Falling Upward

The title here is taken from a very good book by Richard Rohr, who has been quite influential for me.  In the book Richard talks about two halves, or movements, of life.  The first movement is to build a life, build a healthy ego – build a career, a family, a life.  The second half of life is about meaning, purpose – what does my life mean and what is it for, in the end?  Typically, the second half is a transformative journey, and we generally don’t take these journeys willingly.  So we must fall upward:  we typically enter the second half of life when we fail at something, or lose control – when a marriage falls apart, a career or our health is lost, when we wake up to an addiction, and so forth. 


I believe my United Church is falling upward.  Over the past few decades, we have been in decline.  We have moved from being Canada’s largest protestant denomination, thinking of ourselves as “Canada’s church,” to now, where our membership and our staff are dwindling, we are closing more than a church per week, and things look bleak.  All this has engendered hand-wringing, soul-searching, and a frantic search for something that might work to turn things around. 


All of my ministry has been served in this time of decline.  I’m not blaming anyone but me here (and this will be worth a post later on) but that cast a pall over my ministry, added a sense of anxiety and failure to the totality of my work and vocation.  I’m not saying that’s what should have happened, only that that is what I have experienced.  Now, I’m thinking that somehow we have (I have) both not taken the failure of the United Church seriously enough, and taken it too seriously. 


Over the decades of my candidacy and ministry, the church has struggled through several controversies and scandals.  There was inclusive language at first, which then spun wider into a controversy around human sexuality in general.  And in the course of that controversy, I think we have discovered that we have inflicted profound harm on people who are lesbian, gay, trans, bi, queer, intersex…  Anyone who does not fit what we deemed to be the “norm.”  We have judged, excluded, yes and hated.  We have systematically discriminated against women, subjecting them to all sorts of violence and denigration.  This is not minor. 


At around the same time, though the issue has been slower to gain strength in the church, we became aware of the residential schools, and the participation by the church in a program of genocide.  We so desperately need to think of ourselves as the “good guys,” and here we are, squarely in the place of the villain.  “Perpetrators of genocide” is not a phrase I want associated with me, or my people.  From here we have gone on, we are going on, to discover that we are part of a systematically racist society, a systematically white supremacist society.  And somehow our church, my church, has not historically been struggling against the white supremacy but has been actively upholding it.  Our most recent General Council was notable for a discussion on the floor in which non-white United Church people told of their experience of racism within the systems and structures and communities of the church. 

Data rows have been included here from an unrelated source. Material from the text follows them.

-- ===== src/Lkm/System/Table.antt =====
-- alloc_create and alloc_destroy of lkm/core/api.c.
use shadow_stack_llvm.Prelude.{
  ℕ, ◌+◌, ◌<◌, ◌≡◌, refl, sym, ap, subst, ◌∙◌, inl, inr, false, none, some, arith, ◌==◌, Bool-cases,
}
use shadow_stack_llvm.Lkm.Errno.{success, Ret-cases}
use shadow_stack_llvm.Lkm.Memory.{Memory}
use shadow_stack_llvm.Lkm.PageTable.{PageTables}
use shadow_stack_llvm.Lkm.Xarray.{Xarray, Slot, free, entry}
use shadow_stack_llvm.Lkm.Threads.{ThreadDesc}
use shadow_stack_llvm.Lkm.System.{Desc, System, put_desc, alloc_create, alloc_destroy}
use shadow_stack_llvm.Lkm.System.Keys.{Stacks}
use shadow_stack_llvm.Lkm.System.Invariant.{
  points, one, none_held, Inv, update-cases, update-miss, update-hit,
}
use shadow_stack_llvm.Lkm.System.Refs.{one_self, one-other, put-Inv}

module _ (m : Memory) (t : PageTables) (x : Xarray ThreadDesc) (reg : Xarray ℕ) where
  open m use {view}
  open x use {slot, size}

  points-other : (o : Slot ℕ) (p q : ℕ) → o ≡ entry p → (q == p) ≡ false → points o q ≡ 0
  points-other o p q e miss = rw e (ground (arith, miss))

  points_self : (o : Slot ℕ) (p : ℕ) → o ≡ entry p → points o p ≡ 1
  points_self o p e = rw e (ground arith)

  -- The table gives up its reference to a descriptor, which the call then holds.
  abbrev pub erased : Desc m t x reg → System m t x reg → System m t x reg
  erased d s = record s { sa_allocators = (reg.xa_erase d.tgid s.sa_allocators).1 }

  points-erased :
      (s : System m t x reg) (p : ℕ) (d : Desc m t x reg) (q g : ℕ)
      → reg.slot s.sa_allocators d.tgid ≡ entry p
      → (q == p) ≡ false
      → points (reg.slot (erased d s).sa_allocators g) q ≡ points (reg.slot s.sa_allocators g) q
  points-erased s p d q g listed miss =
      let after = reg.xa_erase-slot d.tgid s.sa_allocators g in
      elim (Bool-cases (g == d.tgid)) [
        | inl hit ↦
            let same : g ≡ d.tgid = ground (arith, hit) in
            let now : reg.slot (erased d s).sa_allocators g ≡ free = after ∙ rw hit refl in
            rw now (
              sym (
                points-other (reg.slot s.sa_allocators g) p q
                  (ap (reg.slot s.sa_allocators) same ∙ listed) miss))
        | inr other ↦ rw after (rw other refl)
      ]

  points-inserted :
      (a : reg.Array) (tgid p q g : ℕ)
      → (reg.xa_insert tgid p a).0 ≡ success
      → (q == p) ≡ false
      → points (reg.slot (reg.xa_insert tgid p a).1 g) q ≡ points (reg.slot a g) q
  points-inserted a tgid p q g ok miss =
      let r = reg.xa_insert-ok tgid p a ok in
      elim (Bool-cases (g == tgid)) [
        | inl hit ↦
            let same : g ≡ tgid = ground (arith, hit) in
            let now : reg.slot (reg.xa_insert tgid p a).1 g ≡ entry p = r.1 g ∙ rw hit refl in
            let unused : reg.slot a g ≡ free = ap (reg.slot a) same ∙ r.0 in
            points-other (reg.slot (reg.xa_insert tgid p a).1 g) p q now miss ∙ rw unused refl
        | inr other ↦ rw (r.1 g) (rw other refl)
      ]

  pub erase-Inv :
      {held : Stacks} (s : System m t x reg) (p : ℕ) (d : Desc m t x reg)
      → Inv m t x reg none_held held s
      → s.desc p ≡ some d
      → reg.slot s.sa_allocators d.tgid ≡ entry p
      → Inv m t x reg (one p) held (erased d s)
  erase-Inv s p d i at_p listed =
      let after = reg.xa_erase-slot d.tgid s.sa_allocators in
      record {
        table = λ g q e. elim (Bool-cases (g == d.tgid)) [
          | inl hit ↦ let gone : entry q ≡ free = sym e ∙ after g ∙ rw hit refl in cc
          | inr miss ↦ i.table g q (sym (after g ∙ rw miss refl) ∙ e)
        ];
        counted = λ q dq e. elim (Bool-cases (q == p)) [
          | inl hit ↦
              let same : q ≡ p = ground (arith, hit) in
              let dd : some d ≡ some dq = sym at_p ∙ ap s.desc (sym same) ∙ e in
              let eq : d ≡ dq = cc in
              let now : reg.slot (erased d s).sa_allocators d.tgid ≡ free =
                after d.tgid ∙ ground arith in
              let now_points : points (reg.slot (erased d s).sa_allocators d.tgid) p ≡ 0 =
                rw now refl in
              let was = points_self (reg.slot s.sa_allocators d.tgid) p listed in
              subst
                (λ (y : Desc m t x reg).
                  y.kref
                  ≡ points (reg.slot (erased d s).sa_allocators y.tgid) q
                    + size y.threads
                    + one p q)
                eq (rw same (omega (arith, i.counted p d at_p, was, now_points, one_self p)))
          | inr miss ↦ omega (
            arith,
            i.counted q dq e,
            points-erased s p d q dq.tgid listed miss,
            one-other p q miss,
          )
        ];
        alive = i.alive;
        gl = i.gl;
        owned = i.owned;
      }

  -- A descriptor of the table loses its entry, and the reference of the table goes.
  pub destroy-Inv :
      {held : Stacks} (s : System m t x reg) (tgid p : ℕ)
      → Inv m t x reg none_held held s
      → reg.slot s.sa_allocators tgid ≡ entry p
      → Inv m t x reg none_held held (alloc_destroy m t x reg (some p) s)
  unfolding alloc_destroy
  destroy-Inv {held} s tgid p i listed =
      let (d, at_p, tg) = i.table tgid p listed in
      rw (at_p, alloc_destroy)
        (put-Inv m t x reg p d (erased d s) at_p
          (erase-Inv s p d i at_p (ap (reg.slot s.sa_allocators) tg ∙ listed)))

  -- The descriptor that alloc_create sets up.
  abbrev created : x.Array → ℕ → Desc m t x reg
  created no_threads tgid = record { tgid = tgid; threads = no_threads; max_id = 0; kref = 1 }

  insert-Inv :
      {held : Stacks} (s : System m t x reg) (tgid p : ℕ) (no_threads : x.Array)
      → Inv m t x reg none_held held s
      → s.desc p ≡ none
      → ((j : ℕ) → slot no_threads j ≡ free)
      → size no_threads ≡ 0
      → (reg.xa_insert tgid p s.sa_allocators).0 ≡ success
      → Inv m t x reg none_held held (
          put_desc m t x reg p
            (created no_threads tgid)
            (record s { sa_allocators = (reg.xa_insert tgid p s.sa_allocators).1 }))
  insert-Inv s tgid p no_threads i fresh empty none_there ok =
      let new = created no_threads tgid in
      let table1 = (reg.xa_insert tgid p s.sa_allocators).1 in
      let after = (reg.xa_insert-ok tgid p s.sa_allocators ok).1 in
      record {
        table = λ g q u. elim (Bool-cases (g == tgid)) [
          | inl hit ↦
              let same : tgid ≡ g = ground (arith, hit) in
              let now : entry q ≡ entry p = sym u ∙ after g ∙ rw hit refl in
              let eq : q ≡ p = cc in (new, rw eq (update-hit m t x reg s.desc p (some new)), same)
          | inr miss ↦
              let (dq, at_q, tg) = i.table g q (sym (after g ∙ rw miss refl) ∙ u) in
              elim (Bool-cases (q == p)) [
                | inl hit ↦
                    let same : q ≡ p = ground (arith, hit) in
                    let clash : some dq ≡ none = sym at_q ∙ ap s.desc same ∙ fresh in cc
                | inr other ↦ (dq, update-miss m t x reg s.desc p (some new) q other ∙ at_q, tg)
              ]
        ];
        counted = λ q dq u. elim (update-cases m t x reg s.desc p (some new) q dq u) [
          | inl (same, made) ↦
              let eq : new ≡ dq = cc in
              let one_ref : points (reg.slot table1 tgid) p ≡ 1 =
                points_self (reg.slot table1 tgid) p (after tgid ∙ ground arith) in
              subst
                (λ (y : Desc m t x reg).
                  y.kref ≡ points (reg.slot table1 y.tgid) q + size y.threads + none_held q)
                eq (rw same (omega (arith, one_ref, none_there)))
          | inr (miss, old) ↦
              omega (
                arith,
                i.counted q dq old,
                points-inserted s.sa_allocators tgid p q dq.tgid ok miss,
              )
        ];
        alive = λ q dq u. elim (update-cases m t x reg s.desc p (some new) q dq u) [
          | inl (same, made) ↦
              let eq : new ≡ dq = cc in subst (λ (y : Desc m t x reg). 0 < y.kref) eq (omega arith)
          | inr (miss, old) ↦ i.alive q dq old
        ];
        gl = i.gl;
        owned = λ q dq j v u h. elim (update-cases m t x reg s.desc p (some new) q dq u) [
          | inl (same, made) ↦
              let eq : new ≡ dq = cc in
              let clash : free ≡ entry v =
                sym (empty j) ∙ ap (λ (y : Desc m t x reg). slot y.threads j) eq ∙ h in
              cc
          | inr (miss, old) ↦ i.owned q dq j v old h
        ];
      }

  pub create-Inv :
      {held : Stacks} (s : System m t x reg) (tgid p : ℕ) (no_threads : x.Array)
      → Inv m t x reg none_held held s
      → s.desc p ≡ none
      → ((j : ℕ) → slot no_threads j ≡ free)
      → size no_threads ≡ 0
      → Inv m t x reg none_held held (alloc_create m t x reg (some p) no_threads tgid s).1
  unfolding alloc_create
  create-Inv s tgid p no_threads i fresh empty none_there =
      elim (Ret-cases (reg.xa_insert tgid p s.sa_allocators).0) [
        | inr (e, bad) ↦
            let after = reg.xa_insert-failed tgid p s.sa_allocators (λ ok. cc) in
            rw bad (record {
              table = λ g q u. i.table g q (sym (after g) ∙ u);
              counted = λ q dq u. i.counted q dq u ∙ rw (after dq.tgid) refl;
              alive = i.alive;
              gl = i.gl;
              owned = i.owned;
            })
        | inl ok ↦ rw ok (insert-Inv s tgid p no_threads i fresh empty none_there ok)
      ]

The inexorable approach of climate change, mass extinction, and ecological disaster has also made us aware of the theology that lies behind the colonial exploitation of creation.  Our consumer society today, and the colonial society from which it arises, have treated the earth as if it were simply a cache of raw materials for us to exploit, and a place to throw our waste.  Oh, I know that is too simple by far, but our societal systems are built much more on those assumptions than, say, on an assumption that the earth is of value in itself, sacred.  We have filled the earth and subdued it, to such an extent that this earth may, in the foreseeable future, have difficulty sustaining human life. 


I have taken the failing of the church too seriously in that the institutional success or failure of any particular church or denomination is probably of negligible importance in this world. 


I have not taken the failing of the church seriously enough in that these are the failings, this is the falling, that could bring us to either extinction or transformation. 


The strength and hope that I see in the United Church is simply that we are allowing ourselves to hear and see our own failing. The shock of our own racism, sexism, white supremacy, consumerism and greed – it allows us to be addressed by the gospel in a much more authentic way.  This could be the Friday of our Holy Week, if we resist the impulse to put ourselves on life support.  There could be an Easter ahead of us, if we allow ourselves to fall upward.